2 . The method of claim 1 wherein the substrate is a borosilicate/borofloat glass or a soda-lime glass.
3 . The method of claim 1 further comprising cleaving the silicon-containing material along a surface established at about the depth at which the ions are implanted.
4 . The method of claim 1 wherein the irradiation step is performed with a laser having a wavelength between about 500 nm and about 600 nm.
5 . The method of claim 1 wherein the irradiation step is performed with a laser having a wavelength of about 515 nm or about 532 nm.
6 . The method of claim 1 wherein the substrate includes a base portion composed of glass, plastic or metal.
7 . The method of claim 1 wherein the substrate comprises one or more layers including a film of SiN/SiO2/Si coated on a base portion.
8 . The method of claim 1 further comprising of a step of annealing at a temperature between about 200° C. to about 450° C.
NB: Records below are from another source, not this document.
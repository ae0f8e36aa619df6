-- ===== src/Sink/Contents.antt =====
-- What every operation of the output sink keeps.
use mathlib.Core.List.{Perm, Permᴰ}
use mathlib.Core.Logic.{∥∥₁_elim}
use mathlib.Core.HLevel.{hedberg}
use native.Mathlib.Decide.{ℕ_discrete}
use streamsync.Base.{ℕ, ◌+◌, ◌≡◌, ap, arith, List, [], ◌∷◌, length}
use streamsync.Sink.Queue.{Segment}

abbrev pub total : List Segment → ℕ
total [] = 0
total (s ∷ l) = length s.payload + total l

abbrev measure : List Segment → ℕ × ℕ
measure l = (length l, total l)

measure_permᴰ : {l l' : List Segment} → Permᴰ l l' → (length l ≡ length l') × (total l ≡ total l')
measure_permᴰ Permᴰ.nil = ground arith
measure_permᴰ (Permᴰ.cons e d) =
    let (p, q) = measure_permᴰ d in
    let same = ap (λ (s : Segment). length s.payload) e in
    (omega (arith, p), omega (arith, q, same))
measure_permᴰ (Permᴰ.swap e e') =
    let same = ap (λ (s : Segment). length s.payload) e in
    let same' = ap (λ (s : Segment). length s.payload) e' in
    (omega arith, omega (arith, same, same'))
measure_permᴰ (Permᴰ.trans d d') =
    let (p, q) = measure_permᴰ d in
    let (p', q') = measure_permᴰ d' in (omega (arith, p, p'), omega (arith, q, q'))

pub length-perm : {l l' : List Segment} → Perm l l' → length l ≡ length l'
length-perm p = ∥∥₁_elim p (hedberg ℕ_discrete _ _) (λ d. (measure_permᴰ d).0)

pub total-perm : {l l' : List Segment} → Perm l l' → total l ≡ total l'
total-perm p = ∥∥₁_elim p (hedberg ℕ_discrete _ _) (λ d. (measure_permᴰ d).1)
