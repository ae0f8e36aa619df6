-- ===== src/Sink/Polls.antt =====
-- The outcomes of a poll of the queue, and of a write of the output sink.
use streamsync.Base.{
  ℕ, zero, suc, ap, ◌∙◌, ◌≢◌, ==_of_ne, if_both, ◌≡◌, inl, inr, refl, true, false, Option, none,
  some, Option-cases, leb,
}
use streamsync.Sink.{
  OutputSink, InnerSink, Done, done, failed, poll_write, poll_ready, when_ready, pass_on,
}
use streamsync.Sink.Heap.{BinaryHeap}
use streamsync.Sink.Queue
use streamsync.Sink.Queue.{SegmentQueue, Segment, Clock, Poll, ready, pending}

module _ {H : Type 0} (b : BinaryHeap Segment H) where
  -- The queue was left as it was, or it gave its first segment.
  pub data Taken (q : SegmentQueue H) : Poll (Option Segment) × SegmentQueue H → Type 0 where
    nothing : Taken q (ready none, q)
    waiting : Taken q (pending, q)
    taken :
        (s : Segment) (h : H)
        → b.pop q.queue ≡ some (s, h)
        → Taken q (ready (some s), Queue.without b s h q)

  pub popped-Taken : (q : SegmentQueue H) → Taken q (Queue.popped b (Queue.pop b q) q)
  unfolding Queue.pop
  popped-Taken q = elim (Option-cases (b.pop q.queue)) [
    | inl empty ↦ rw (empty, Queue.popped) nothing
    | inr ((s, h), found) ↦ rw (found, Queue.popped) (taken s h found)
  ]

  pub take-Taken : (clock : Clock) (q : SegmentQueue H) → Taken q (Queue.take b clock q)
  unfolding Queue.take
  take-Taken clock q = elim (Option-cases (b.peek q.queue)) [
    | inl empty ↦ rw (empty, Queue.take) nothing
    | inr (s, front) ↦
        rw (front, Queue.take)
          (if_both (Taken q) (leb s.delivery_time clock.now) _ _ (popped-Taken q)
            (if_both (Taken q) (clock.elapsed s.delivery_time) _ _ (popped-Taken q) waiting))
  ]

  module _ {K E : Type 0} (inner : InnerSink K E) where
    -- What a write leaves in the queue: all of it, or all but what one pop gave.
    pub data Left (q : SegmentQueue H) : SegmentQueue H → Type 0 where
      kept : Left q q
      less : (s : Segment) (h : H) → b.pop q.queue ≡ some (s, h) → Left q (Queue.without b s h q)

    pass_on-Left :
        (q : SegmentQueue H) (r : Poll (Option Segment) × SegmentQueue H) (s : OutputSink H K)
        → Taken q r
        → Left q (pass_on b inner r s).1.queue
    pass_on-Left q r s nothing = kept
    pass_on-Left q r s waiting = kept
    pass_on-Left q r s (taken t h found) = less t h found

    when_ready-Left :
        (clock : Clock) (r : Poll (Done E)) (s : OutputSink H K)
        → Left s.queue (when_ready b inner clock r s).1.queue
    when_ready-Left clock pending s = kept
    when_ready-Left clock (ready (failed e)) s = kept
    when_ready-Left clock (ready done) s = pass_on-Left s.queue _ s (take-Taken clock s.queue)

    pub poll_write-Left :
        (clock : Clock) (s : OutputSink H K) → Left s.queue (poll_write b inner clock s).1.queue
    unfolding poll_write
    poll_write-Left clock s =
        let (r, k) = inner.poll_ready s.sink in when_ready-Left clock r (record s { sink = k })

-- The rounds of the loop of `poll_ready`.
module _ {H K E : Type 0} (b : BinaryHeap Segment H) (inner : InnerSink K E) (fuel : ℕ)
    (clock : Clock) (s s' : OutputSink H K) where
  abbrev next_round : Poll (Done E) → OutputSink H K → Option (OutputSink H K)
  next_round r t = elim r [ pending ↦ some t | ready _ ↦ poll_ready b inner fuel clock t ]

  pub round_empty : Queue.is_empty b s.queue ≡ true → poll_ready b inner (suc fuel) clock s ≡ some s
  unfolding poll_ready
  round_empty empty = rw (empty, poll_ready) refl

  pub round_ready :
      (d : Done E)
      → Queue.is_empty b s.queue ≡ false
      → poll_write b inner clock s ≡ (ready d, s')
      → poll_ready b inner (suc fuel) clock s ≡ poll_ready b inner fuel clock s'
  unfolding poll_ready
  round_ready d more written = rw (more, poll_ready) (ap (λ w. next_round w.0 w.1) written)

  pub round_pending :
      Queue.is_empty b s.queue ≡ false
      → poll_write b inner clock s ≡ (pending, s')
      → poll_ready b inner (suc fuel) clock s ≡ some s'
  unfolding poll_ready
  round_pending more written = rw (more, poll_ready) (ap (λ w. next_round w.0 w.1) written)

module _ {H K E : Type 0} (b : BinaryHeap Segment H) (inner : InnerSink K E) where
  write_failed :
      (e : E) (clock : Clock) (s : OutputSink H K)
      → inner.poll_ready s.sink ≡ (ready (failed e), s.sink)
      → poll_write b inner clock s ≡ (ready (failed e), s)
  unfolding poll_write
  write_failed e clock s fails =
      ap (λ r. when_ready b inner clock r.0 (record s { sink = r.1 })) fails

  -- When the inner sink fails at every `poll_ready` and stays as it is, `poll_ready` of an output
  -- sink with a segment in its queue does not return, on any fuel.
  pub poll_ready_failing :
      (e : E) (fuel : ℕ) (clock : Clock) (s : OutputSink H K)
      → inner.poll_ready s.sink ≡ (ready (failed e), s.sink)
      → b.len s.queue.queue ≢ 0
      → poll_ready b inner fuel clock s ≡ none
  unfolding poll_ready
  poll_ready_failing e zero clock s fails more = refl
  poll_ready_failing e (suc fuel) clock s fails more =
      round_ready b inner fuel clock s s (failed e) (==_of_ne _ _ more)
        (write_failed e clock s fails)
      ∙ poll_ready_failing e fuel clock s fails more
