-- ===== src/Sink/Early.antt =====
-- `poll_ready` of the output sink before any segment is due.
use mathlib.Core.List.{Mem, mem-cons_self}
use mathlib.Core.List.Perm
use streamsync.Base.{
  ℕ, zero, suc, ◌<◌, ◌≡◌, refl, arith, inl, inr, true, false, some, Option-cases, ==_of_ne,
}
use streamsync.Sink.{buffer_sink, poll_ready}
use streamsync.Sink.Contents.{length-perm}
use streamsync.Sink.Delivery.{Relay, write_early}
use streamsync.Sink.Heap.{BinaryHeap, HeapLaws}
use streamsync.Sink.Polls.{round_empty, round_pending}
use streamsync.Sink.Queue
use streamsync.Sink.Queue.{Segment, Clock, cmp}

-- When no segment is due, and timers are not done before their instant, `poll_ready` leaves the sink.
pub poll_ready_early :
    {H : Type 0} (b : BinaryHeap Segment H) (laws : HeapLaws cmp b) (fuel : ℕ) (clock : Clock)
    (s : Relay H)
    → 0 < fuel
    → ((x : Segment) → Mem x (laws.contents s.queue.queue) → clock.now < x.delivery_time)
    → ((t : ℕ) → clock.now < t → clock.elapsed t ≡ false)
    → poll_ready b buffer_sink fuel clock s ≡ some s
poll_ready_early b laws zero clock s some_fuel late timer = absurd (omega arith)
poll_ready_early b laws (suc fuel) clock s some_fuel late timer =
    elim (Option-cases (b.pop s.queue.queue)) [
      | inl none_left ↦
          let (empty, no_front) = laws.pop_none s.queue.queue none_left in
          let is_empty : Queue.is_empty b s.queue ≡ true =
            rw (laws.len-contents s.queue.queue, empty) refl in
          round_empty b buffer_sink fuel clock s s is_empty
      | inr ((t, h), found) ↦
          let (same, front, cap) = laws.contents-pop s.queue.queue h t found in
          let open_queue : Queue.is_empty b s.queue ≡ false =
            ==_of_ne _ _ (omega (arith, length-perm same, laws.len-contents s.queue.queue)) in
          let wait = late t ((Perm.mem_iff same).1 mem-cons_self) in
          round_pending b buffer_sink fuel clock s s open_queue
            (write_early b clock s t front wait (timer _ wait))
    ]
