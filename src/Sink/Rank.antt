-- ===== src/Sink/Rank.antt =====
-- Message numbers within half their range: there the order of the segments is that of numbers.
use native.Mathlib.Nat.{mul-le-mul_right}
use streamsync.Base.{
  ℕ, suc, ◌+◌, ◌-◌, ◌*◌, ◌%◌, ◌^◌, ◌≤◌, ◌<◌, ◌≡◌, sym, ap, ◌∙◌, arith, List, [], ◌∷◌, compare,
  Ordering,
}
use native.Mathlib.Decide.{dec_lt}
use mathlib.Core.List.{Mem, Memᴰ}
use mathlib.Core.Logic.{∥∥₁_elim}
use native.Mathlib.Bridge.{le_prop}
use mathlib.Core.Path.{subst}
use streamsync.Sequence.{message_bits}
use streamsync.Serial
use streamsync.Serial.Laws.{add-eq-mod}
use streamsync.Serial.Order.{cmp-add, cmp-eq_iff}
use streamsync.Sink.Heap.{Agrees}
use streamsync.Sink.Queue.{Segment, cmp}

-- How far the message number is from `first`, also across the wrap.
abbrev pub offset : ℕ → Segment → ℕ
offset first s = (s.message_number + 2 ^ message_bits - first) % 2 ^ message_bits

-- By the offset, then by the delivery time, which is below `bound`.
abbrev pub rank : ℕ → ℕ → Segment → ℕ
rank first bound s = offset first s * bound + s.delivery_time

cmp-offset :
    (first : ℕ) (s t : Segment)
    → first < 2 ^ message_bits
    → s.message_number < 2 ^ message_bits
    → t.message_number < 2 ^ message_bits
    → offset first s < offset first t
    → offset first t < 2 ^ 25
    → (Serial.cmp message_bits s.message_number t.message_number ≡ Ordering.lt)
      × (Serial.cmp message_bits t.message_number s.message_number ≡ Ordering.gt)
cmp-offset first s t f g h before near =
    let d = offset first t - offset first s in
    let reach : Serial.add message_bits s.message_number d ≡ t.message_number =
      add-eq-mod message_bits s.message_number d (omega arith) ∙ omega arith in
    subst
      (λ n.
        (Serial.cmp message_bits s.message_number n ≡ Ordering.lt)
        × (Serial.cmp message_bits n s.message_number ≡ Ordering.gt))
      reach
      (cmp-add message_bits s.message_number d (omega arith) (omega arith) g (omega arith)
        (omega arith))

-- A segment within half the range from `first`, to be delivered before `bound`.
pub record IsNear (first bound : ℕ) (s : Segment) : Type 0 where
  pub number : s.message_number < 2 ^ message_bits
  pub near : offset first s < 2 ^ 25
  pub soon : s.delivery_time < bound

rank_lt :
    (first bound : ℕ) (s t : Segment)
    → offset first s < offset first t
    → s.delivery_time < bound
    → rank first bound s < rank first bound t
rank_lt first bound s t before soon =
    let next : suc (offset first s) ≤ offset first t = omega arith in
    omega (arith, mul-le-mul_right bound next)

compare_lt : (a b : ℕ) → a < b → (compare a b ≡ Ordering.lt) × (compare b a ≡ Ordering.gt)
compare_lt a b h = ground arith

compare_shift : (k k' a b : ℕ) → k ≡ k' → compare a b ≡ compare (k + a) (k' + b)
compare_shift k k' a b e = ground arith

cmp-rank :
    (first bound : ℕ) (s t : Segment)
    → first < 2 ^ message_bits
    → IsNear first bound s
    → IsNear first bound t
    → cmp s t ≡ compare (rank first bound s) (rank first bound t)
unfolding cmp
cmp-rank first bound s t f g h = elim (dec_lt (offset first s) (offset first t)) [
  | yes before ↦
      rw ((cmp-offset first s t f g.number h.number before h.near).0, cmp)
        (sym (compare_lt _ _ (rank_lt first bound s t before g.soon)).0)
  | no not_before ↦ elim (dec_lt (offset first t) (offset first s)) [
    | yes after ↦
        rw ((cmp-offset first t s f h.number g.number after g.near).1, cmp)
          (sym (compare_lt _ _ (rank_lt first bound t s after h.soon)).1)
    | no not_after ↦
        let same : s.message_number ≡ t.message_number = omega (arith, f, g.number, h.number) in
        let equal = (cmp-eq_iff message_bits s.message_number t.message_number).1 same in
        let level = ap (λ n. (n + 2 ^ message_bits - first) % 2 ^ message_bits * bound) same in
        rw (equal, cmp) (compare_shift _ _ s.delivery_time t.delivery_time level)
  ]
]

-- All the segments are near `first`.
abbrev pub AreNear : ℕ → ℕ → List Segment → Type 0
AreNear first bound l = (s : Segment) → Mem s l → IsNear first bound s

pub AreNear-Agrees :
    (first bound : ℕ) (l : List Segment)
    → first < 2 ^ message_bits
    → AreNear first bound l
    → Agrees cmp (rank first bound) l
AreNear-Agrees first bound l f near s t m m' = cmp-rank first bound s t f (near s m) (near t m')

-- The same by the list.
abbrev pub AllNear : ℕ → ℕ → List Segment → Type 0
AllNear first bound [] = Unit {0}
AllNear first bound (s ∷ l) = IsNear first bound s × AllNear first bound l

IsNear-memᴰ :
    (first bound : ℕ) (l : List Segment) (s : Segment)
    → AllNear first bound l
    → Memᴰ s l
    → IsNear first bound s
IsNear-memᴰ first bound [] s near m = elim m [ ]
IsNear-memᴰ first bound (t ∷ l) s near (Memᴰ.head e) = subst (IsNear first bound) (sym e) near.0
IsNear-memᴰ first bound (t ∷ l) s near (Memᴰ.tail m) = IsNear-memᴰ first bound l s near.1 m

pub AllNear-AreNear :
    (first bound : ℕ) (l : List Segment) → AllNear first bound l → AreNear first bound l
AllNear-AreNear first bound l near s m = record {
  number = ∥∥₁_elim m le_prop (λ d. (IsNear-memᴰ first bound l s near d).number);
  near = ∥∥₁_elim m le_prop (λ d. (IsNear-memᴰ first bound l s near d).near);
  soon = ∥∥₁_elim m le_prop (λ d. (IsNear-memᴰ first bound l s near d).soon);
}
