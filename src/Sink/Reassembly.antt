-- ===== src/Sink/Reassembly.antt =====
-- `poll_ready` of the output sink over a `BufferSink`: termination and order of delivery.
use mathlib.Core.List.{Perm, append_assoc, append-nil}
use mathlib.Core.List.Perm
use mathlib.Core.Path.{subst}
use mathlib.Core.Option.{none-ne-some, some-injective}
use streamsync.Base.{
  ℕ, zero, suc, ◌≤◌, ◌<◌, ◌≡◌, ◌∙◌, refl, sym, arith, inl, inr, true, false, some, Option-cases,
  List, [], ◌∷◌, ◌++◌, length, ==_of_ne,
}
use native.Mathlib.Decide.{dec_le}
use streamsync.Sink.{done, buffer_sink, poll_ready}
use streamsync.Sink.Contents.{length-perm}
use streamsync.Sink.Delivery.{Relay, IsSorted, payloads, write_due, write_early}
use streamsync.Sink.Heap.{BinaryHeap, HeapLaws}
use streamsync.Sink.Polls.{round_empty, round_ready, round_pending}
use streamsync.Sink.Queue
use streamsync.Sink.Queue.{SegmentQueue, Segment, Clock, Poll, ready, pending, cmp}

abbrev pub AreDue : ℕ → List Segment → Type 0
AreDue now [] = Unit {0}
AreDue now (s ∷ l) = (s.delivery_time ≤ now) × AreDue now l

module _ {H : Type 0} (b : BinaryHeap Segment H) (laws : HeapLaws cmp b) where
  -- From `s` to `s'`, all that `now` makes due was sent, in order.
  pub record Delivers (now : ℕ) (rank : Segment → ℕ) (s s' : Relay H) : Type 0 where
    pub sent : List Segment
    pub channel : s'.sink ≡ s.sink ++ payloads sent
    pub same : Perm (laws.contents s.queue.queue) (sent ++ laws.contents s'.queue.queue)
    pub sorted : IsSorted rank sent (laws.contents s'.queue.queue)
    pub due : AreDue now sent
    pub waiting : (t : Segment) → b.peek s'.queue.queue ≡ some t → now < t.delivery_time

  -- Nothing is sent, since nothing is queued or the front is not due.
  rests :
      (now : ℕ) (rank : Segment → ℕ) (s : Relay H)
      → ((t : Segment) → b.peek s.queue.queue ≡ some t → now < t.delivery_time)
      → Delivers now rank s s
  rests now rank s wait = record {
    sent = [];
    channel = sym (append-nil s.sink);
    same = Perm.rfl;
    sorted = tt;
    due = tt;
    waiting = wait;
  }

  -- One segment is sent, and then others.
  sends :
      (now : ℕ) (rank : Segment → ℕ) (s s' : Relay H) (t : Segment) (h : H)
      → laws.IsOrdered rank s.queue.queue
      → b.pop s.queue.queue ≡ some (t, h)
      → t.delivery_time ≤ now
      → Delivers now rank
          (record s { queue = Queue.without b t h s.queue; sink = s.sink ++ (t.payload ∷ []) })
          s'
      → Delivers now rank s s'
  sends now rank s s' t h o found due d =
      let least = (laws.pop_least rank s.queue.queue h t o found).1 in
      let (same, front, cap) = laws.contents-pop s.queue.queue h t found in
      record {
        sent = t ∷ d.sent;
        channel = d.channel ∙ append_assoc s.sink (t.payload ∷ []) (payloads d.sent);
        same = Perm.trans same (Perm.cons t d.same);
        sorted = (λ x m. least x ((Perm.mem_iff d.same).1 m), d.sorted);
        due = (due, d.due);
        waiting = d.waiting;
      }

  -- With fuel for one round more than there are segments, over a heap that keeps to its
  -- documentation and whose order was that of `rank` on all that went into it, and with timers that
  -- are not done before their instant, `poll_ready` of an output sink on a `BufferSink` returns. It
  -- sends the payloads of some segments of the queue and leaves the others there; those it sends are
  -- due, in ascending rank and of no higher rank than any left, and of what is left the first is not
  -- due.
  pub poll_ready-Delivers :
      (rank : Segment → ℕ) (fuel : ℕ) (clock : Clock) (s : Relay H)
      → length (laws.contents s.queue.queue) < fuel
      → laws.IsOrdered rank s.queue.queue
      → ((t : ℕ) → clock.now < t → clock.elapsed t ≡ false)
      → (s' : Relay H) × (poll_ready b buffer_sink fuel clock s ≡ some s')
        × Delivers clock.now rank s s'
  unfolding poll_ready
  poll_ready-Delivers rank zero clock s enough o timer = absurd (omega arith)
  poll_ready-Delivers rank (suc fuel) clock s enough o timer =
      elim (Option-cases (b.pop s.queue.queue)) [
        | inl none_left ↦
            let (empty, no_front) = laws.pop_none s.queue.queue none_left in
            let is_empty : Queue.is_empty b s.queue ≡ true =
              rw (laws.len-contents s.queue.queue, empty) refl in
            (
              s,
              round_empty b buffer_sink fuel clock s s is_empty,
              rests clock.now rank s (λ t e. absurd (none-ne-some t (sym no_front ∙ e))),
            )
        | inr ((t, h), found) ↦
            let (same, front, cap) = laws.contents-pop s.queue.queue h t found in
            let size = length-perm same in
            let open_queue : Queue.is_empty b s.queue ≡ false =
              ==_of_ne _ _ (omega (arith, size, laws.len-contents s.queue.queue)) in
            elim (dec_le t.delivery_time clock.now) [
              | yes due ↦
                  let later =
                    poll_ready-Delivers rank fuel clock
                      (record s {
                        queue = Queue.without b t h s.queue;
                        sink = s.sink ++ (t.payload ∷ []);
                      })
                      (omega (arith, size)) (laws.pop_least rank s.queue.queue h t o found).0
                      timer in
                  (
                    later.0,
                    (round_ready b buffer_sink fuel clock s _ done open_queue
                          (write_due b clock s t h front found due)
                        ∙ later.1),
                    sends clock.now rank s later.0 t h o found due later.2,
                  )
              | no early ↦
                  let wait : clock.now < t.delivery_time = omega arith in
                  (
                    s,
                    round_pending b buffer_sink fuel clock s s open_queue
                        (write_early b clock s t front wait (timer _ wait)),
                    rests clock.now rank s (λ u e.
                        subst (λ (x : Segment). clock.now < x.delivery_time)
                          (some-injective t u (sym front ∙ e)) wait),
                  )
            ]
      ]
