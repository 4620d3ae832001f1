-- ===== src/Deploy/Vaults/Phases.antt =====
-- deploy/scripts/011-*_deploy_vault.ts: what the phases of a script do where the contracts let
-- each transaction through.
use huski_bsc_contract.Base.{
  ℕ, suc, ◌+◌, ◌^◌, ◌≡◌, ◌<◌, refl, true, some, [], ◌∷◌, ◌++◌, arith, ltb, Bytes, ok,
}
use huski_bsc_contract.Merkle.{lookup}
use huski_bsc_contract.Evm.{no_contract, IsDocumented, max_uint, update, update_here}
use huski_bsc_contract.FairLaunch.{FairLaunch, add_pool, pool_length}
use huski_bsc_contract.Contracts.{
  BasicVaultConfig, DebtToken, Vault, WNativeRelayer, init_debt_token, init_vault, set_all,
  set_ok_holders, transfer_debt_token, approve_max, set_fair_launch_pool_id, set_caller_ok,
}
use huski_bsc_contract.Deploy.{
  text, VaultEntry, World, Network, gets, expect, bad_argument, reverted, config_of, contract_at,
  transact, create_contract,
}
use huski_bsc_contract.Deploy.Steps.{>>=-go, expect-some, transact-ok, create_contract-ok}
use huski_bsc_contract.Deploy.Vaults.{
  VaultScript, push_pool_entry, to_number, on_debt, approve_debt, make_debt_token, make_vault,
  add_pool_at, set_pool_id_at, allow_caller_at, last_pool, deploy_tokens, hand_over, add_debt_pool,
  add_vault_pool,
}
9 . The method of claim 1 further comprising of a step of annealing at a temperature between about 200° C. to about 450° C. for a period of less than about 45 minutes.
10 . The method of claim 8 wherein the step of annealing is performed after a step of laser irradiation/treatment.
11 . (canceled)
12 . A method of producing a composite solar cell structure composed of a silicon-containing material bonded to a glass substrate, the method comprising:
engaging the silicon-containing piece into contact with the glass substrate; and irradiating/treating the silicon-containing piece with a laser having a wavelength of between about 350 nm to about 1070 nm, such that complete bonding between the piece and the glass substrate is achieved without need for further anneal.
13 . (canceled)
14 . The method of claim 12 wherein the irradiation step is performed with a laser having a wavelength between about 500 nm and about 600 nm.
15 - 16 . (canceled)
17 . A method of producing a composite structure composed of a silicon-containing material bonded to a substrate, the method comprising:
implanting ions into silicon-containing material to a depth; holding the silicon-containing piece into contact with the substrate; irradiating/treating the silicon-containing piece with a laser having a wavelength of between about 350 nm to about 1070 nm; and cleaving the silicon-containing material along a surface established at about the depth at which the ions are implanted.
18 . (canceled)
19 . The method of claim 17 further comprising cleaving the silicon-containing material along a surface established at the depth at which the ions are implanted.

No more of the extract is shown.